ASIC has made changes to the ePayments Code following its interim review and industry consultation..
What is the ePayments Code?
The ePayments Code is a voluntary code of practice that regulates electronic payments. It applies to electronic transactions (eg. ATM, EFTPOS, credit and debit card transactions, online payments, and internet and mobile banking) by an individual who holds or uses certain facilities.
Subscribers must provide certain information to holders and users of payment facilities and follow specified processes in relation to unauthorised transactions, mistaken internet payments and complaints.
On 2 June 2022, ASIC modified the ePayments Code so that it now covers payments made using the New Payments Platform. It also made a number of other changes in relation to compliance monitoring and data collection, mistaken internet payments, unauthorised transactions, complaints handling and facility expiry dates.
The changes follow the release of ASIC Report 718: Response to submissions on CP 341 Review of the ePayments Code: Further consultation (REP 718) on 7 March 2022. ASIC noted in REP 718 that its aim was to address in the interim some of the key issues arising from stakeholders' submissions, ahead of further work to produce a mandatory Code.
Some of the more notable changes include:
Compliance monitoring and data collection
- the obligation on subscribers to report annually to ASIC on unauthorised transactions has been removed;
- ASIC’s power to monitor and obtain information from subscribers has been expanded. ASIC may now conduct targeted surveillance of any ‘matters relevant to subscribers’ activities relating to electronic payments’.
Mistaken internet payments
- the definition of "mistaken internet payment" is now accompanied by a note which seeks to clarify that it is not intended to cover situations in which the user transfers funds to a recipient as a result of a scam;
- if a sending ADI is satisfied that a mistaken internet payment has occurred, it must send a request for the return of funds as soon as reasonably possible and no later than 5 business days from the time of the user's report; and
- both the sending ADI and the receiving ADI must keep records demonstrating the steps they took to comply with the mistaken internet payment obligations of the Code.

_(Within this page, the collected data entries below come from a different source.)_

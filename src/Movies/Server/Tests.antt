-- ===== src/Movies/Server/Tests.antt =====
-- Concrete inputs of hw4_simple-movies-recommendation-system-lala-ju: one movie and one request, with
-- whole numbers in the place of `double`.
use mathlib.Core.List.{map}
use system_programming_homew.Prelude.{
  ℕ, zero, suc, ◌+◌, ◌*◌, ◌/◌, ◌-◌, ◌≡◌, refl, Bool, true, false, ◌&&◌, List, [], ◌∷◌, ◌++◌, some,
  ltb, ◌==◌, if◌then◌else◌, Bool-cases, inl, inr, replicate, arith,
}
use mathlib.Core.Bool.{not}
use system_programming_homew.Prelude.Int.{pos}
use system_programming_homew.CString.{decimal, is_digit, is_space}
use system_programming_homew.CString.Tokens.{Lacks}
use system_programming_homew.Movies.Entry.{Entry}
use system_programming_homew.Movies.Input.{Doubles, initialize, initialize_requests}
use system_programming_homew.Movies.Input.Fields.{fields, IsToken, Every}
use system_programming_homew.Movies.Input.Numerals.{numeral, NoSpace}
use system_programming_homew.Movies.Input.File as File
use system_programming_homew.Movies.Input.Requests as Requests

-- Whole numbers: `div` and `sqrt` round down.
abbrev root : ℕ → ℕ → ℕ
root zero n = 0
root (suc k) n = if ltb n (suc k * suc k) then root k n else suc k

decimal-brace :
    (acc : ℕ) (text rest : List ℕ) → decimal acc (text ++ b'}' ∷ rest) ≡ decimal acc text
unfolding decimal
decimal-brace acc [] rest = refl
decimal-brace acc (c ∷ text) rest = elim (Bool-cases (is_digit c)) [
  | inl e ↦ rw e (decimal-brace (acc * 10 + (c - b'0')) text rest)
  | inr e ↦ rw e
]

abbrev whole : Doubles
whole = record {
  Double = ℕ;
  nought = 0;
  add = λ a b. a + b;
  mul = λ a b. a * b;
  div = λ a b. a / b;
  sqrt = λ n. root n n;
  is_nought = λ n. n == 0;
  is_finite = λ n. true;
  units = pos;
  strtod = decimal 0;
  strtod_brace = decimal-brace 0;
}

-- Tests for the conditions on texts.
abbrev lacks : ℕ → List ℕ → Bool
lacks delim [] = true
lacks delim (c ∷ cs) = not (c == delim) && lacks delim cs

and-parts : (a b : Bool) → (a && b) ≡ true → (a ≡ true) × (b ≡ true)
and-parts true true h = (refl, refl)
and-parts true false h = absurd (ground (arith, h))
and-parts false b h = absurd (ground (arith, h))

lacks_lem : (delim : ℕ) (cs : List ℕ) → lacks delim cs ≡ true → Lacks delim cs
lacks_lem delim [] h = tt
lacks_lem delim (c ∷ cs) h =
    let (first, others) = and-parts (not (c == delim)) (lacks delim cs) h in
    (ground arith, lacks_lem delim cs others)

abbrev one_word : List ℕ → Bool
one_word [] = true
one_word (c ∷ cs) = not (is_space c) && one_word cs

one_word_lem : (cs : List ℕ) → one_word cs ≡ true → NoSpace cs
one_word_lem [] h = tt
one_word_lem (c ∷ cs) h =
    let (first, others) = and-parts (not (is_space c)) (one_word cs) h in
    (ground arith, one_word_lem cs others)

zeros-tokens : (n : ℕ) → Every (IsToken b',') (replicate n (b'0' ∷ []))
zeros-tokens zero = tt
zeros-tokens (suc n) = ((omega arith, tt), zeros-tokens n)

-- A movie of the first genre, and a request for movies of it.
abbrev genres : List (List ℕ)
genres = (b'1' ∷ []) ∷ replicate 18 (b'0' ∷ [])

genres-tokens : Every (IsToken b',') genres
genres-tokens = ((omega arith, tt), zeros-tokens 18)

abbrev brazil : File.Listing
brazil = record { id = b'7' ∷ []; title = b'B' ∷ b'r' ∷ []; genres = genres }

abbrev all_movies : Requests.Query
all_movies = record { id = 5; keywords = b'*' ∷ []; genres = genres }

brazil-IsListing : File.IsListing brazil
unfolding fields
brazil-IsListing = record {
  id-token = (omega arith, tt);
  title-lacks = (omega arith, (omega arith, tt));
  genres-tokens = genres-tokens;
  genres-length = refl;
  no_nul = lacks_lem 0 (File.line brazil) refl;
  one_line = lacks_lem 10 (File.line brazil) refl;
  fits = omega arith;
}

all_movies-IsQuery : Requests.IsQuery all_movies
unfolding fields
all_movies-IsQuery = record {
  id-fits = omega arith;
  keywords-word = ((refl, tt), (omega arith, tt), omega arith);
  genres-word =
      (one_word_lem (fields [] genres) refl, lacks_lem 0 (fields [] genres) refl, omega arith);
  genres-tokens = genres-tokens;
  genres-length = refl;
}

-- The same for another client.
abbrev again : Requests.Query
again = record { id = 6; keywords = b'*' ∷ []; genres = genres }

initialize-lines_example :
    initialize whole (b'h' ∷ 10 ∷ File.lines (brazil ∷ []))
    ≡ some (map (File.movie_of whole) (brazil ∷ []))
initialize-lines_example =
    File.initialize-lines whole (b'h' ∷ []) (brazil ∷ []) (omega arith, tt) (omega arith)
      (brazil-IsListing, tt) (omega arith)

initialize_requests-lines_example :
    initialize_requests whole (numeral 1 ++ 10 ∷ Requests.lines (all_movies ∷ []))
    ≡ some (map (Requests.request_of whole) (all_movies ∷ []))
initialize_requests-lines_example =
    Requests.initialize_requests-lines whole (all_movies ∷ []) (all_movies-IsQuery, tt)
      (omega arith)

- it has been clarified that an unauthorised transaction occurs only where a third party has made the transaction without the consumer's consent, not where the consumer has made the transaction themselves. These updates clarify the liability of subscribers and account holders or users for unauthorised third party activity on their accounts;
- it has been clarified that the Code provisions dealing with the allocation of liability apply in addition to any other processes or rights available through a card scheme's chargeback rules.
When do the changes take effect?
The transition period for the updated Code started on 2 June 2022. Subscribers must comply with it by 2 June 2023.